40 years ago: my son’s death changed me

In a moment.

In a moment, I went from on top of the world with joy, to buried in fear.

In a moment, my heart was filled with happiness, to my stomach churning with nervousness.

In a moment, what had been the second-best day of my life, after my marriage, became the worst day of my first twenty-three years.

It was the moment I approached the window of the maternity ward, to take a quick peek at my ten-hour-old son before heading home for the afternoon, and saw that he was breathing hard.

Surely, my eyes were deceiving me. Only minutes earlier, Johnathan had been in my wife’s room, as my mom and I visited with Kim and our newborn son.
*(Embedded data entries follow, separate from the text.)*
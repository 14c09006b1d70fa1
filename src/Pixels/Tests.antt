-- ===== src/Pixels/Tests.antt =====
-- Tests and instances for the pixels.
use sharedgl.Prelude.{◌*◌, ◌≤◌, ◌<◌, ◌≡◌, inl, inr, refl, arith, ℕ}
use sharedgl.Pixels.{
  first_store, positive_or, get_pixel_size, get_pixel_component_count, type_size,
  get_pixel_transfer_span,
}
use sharedgl.Pixels.Enum.{gl_rgb, gl_unsigned_byte}
use sharedgl.Pixels.Span.{IsTransfer, pixel_end, get_pixel_transfer_span-IsEnd}

-- Two rows of three RGB pixels of 9 bytes, padded to 12
three_by_two : IsTransfer first_store 3 2 1 gl_rgb gl_unsigned_byte 12
unfolding get_pixel_size get_pixel_component_count type_size
three_by_two = record {
  width_range = (omega arith, omega arith);
  height_range = (omega arith, omega arith);
  depth_range = (omega arith, omega arith);
  skips = (omega arith, omega arith, omega arith);
  alignment = inr (inr (inl refl));
  padded = record { multiple = refl; covers = omega arith; least = omega arith };
  image_fits = omega arith;
  fits = omega arith;
}

get_pixel_transfer_span-IsEnd_example :
    (get_pixel_transfer_span first_store 3 2 1 gl_rgb gl_unsigned_byte
      ≡ pixel_end first_store
          (get_pixel_size gl_rgb gl_unsigned_byte)
          12
          (12 * positive_or first_store.image_height 2)
          2
          1
          0)
    × ((x y z : ℕ)
        → x < 3
        → y < 2
        → z < 1
        → pixel_end first_store
            (get_pixel_size gl_rgb gl_unsigned_byte)
            12
            (12 * positive_or first_store.image_height 2)
            x
            y
            z
          ≤ get_pixel_transfer_span first_store 3 2 1 gl_rgb gl_unsigned_byte)
get_pixel_transfer_span-IsEnd_example = get_pixel_transfer_span-IsEnd three_by_two

-- 12 bytes and 9 more
span_run :
    pixel_end first_store
      (get_pixel_size gl_rgb gl_unsigned_byte)
      12
      (12 * positive_or first_store.image_height 2)
      2
      1
      0
    ≡ 21
unfolding get_pixel_size get_pixel_component_count type_size
span_run = refl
Everything was fine. His delivery had been unremarkable. Kim’s labor went smoothly. Her entire pregnancy went well.

A nurse rolled Johnathan’s bassinet back to his spot among the rest of the newborns. Mom and I wrapped up our visit with Kim. I would take Mom home, give Kim a chance to get in a nap, and return that evening.

It was three in the afternoon. When, just after five that morning, Johnathan appeared in the world, we counted his ten fingers and ten toes, rejoiced in his cry, and announced that he was perfect.

And, for ten hours, he was. Until that moment. That moment I peered at him through the window to see him breathing hard.

I turned to my mother: “Mom, he’s breathing hard.” Calmly, Mom said, “Go get a nurse.”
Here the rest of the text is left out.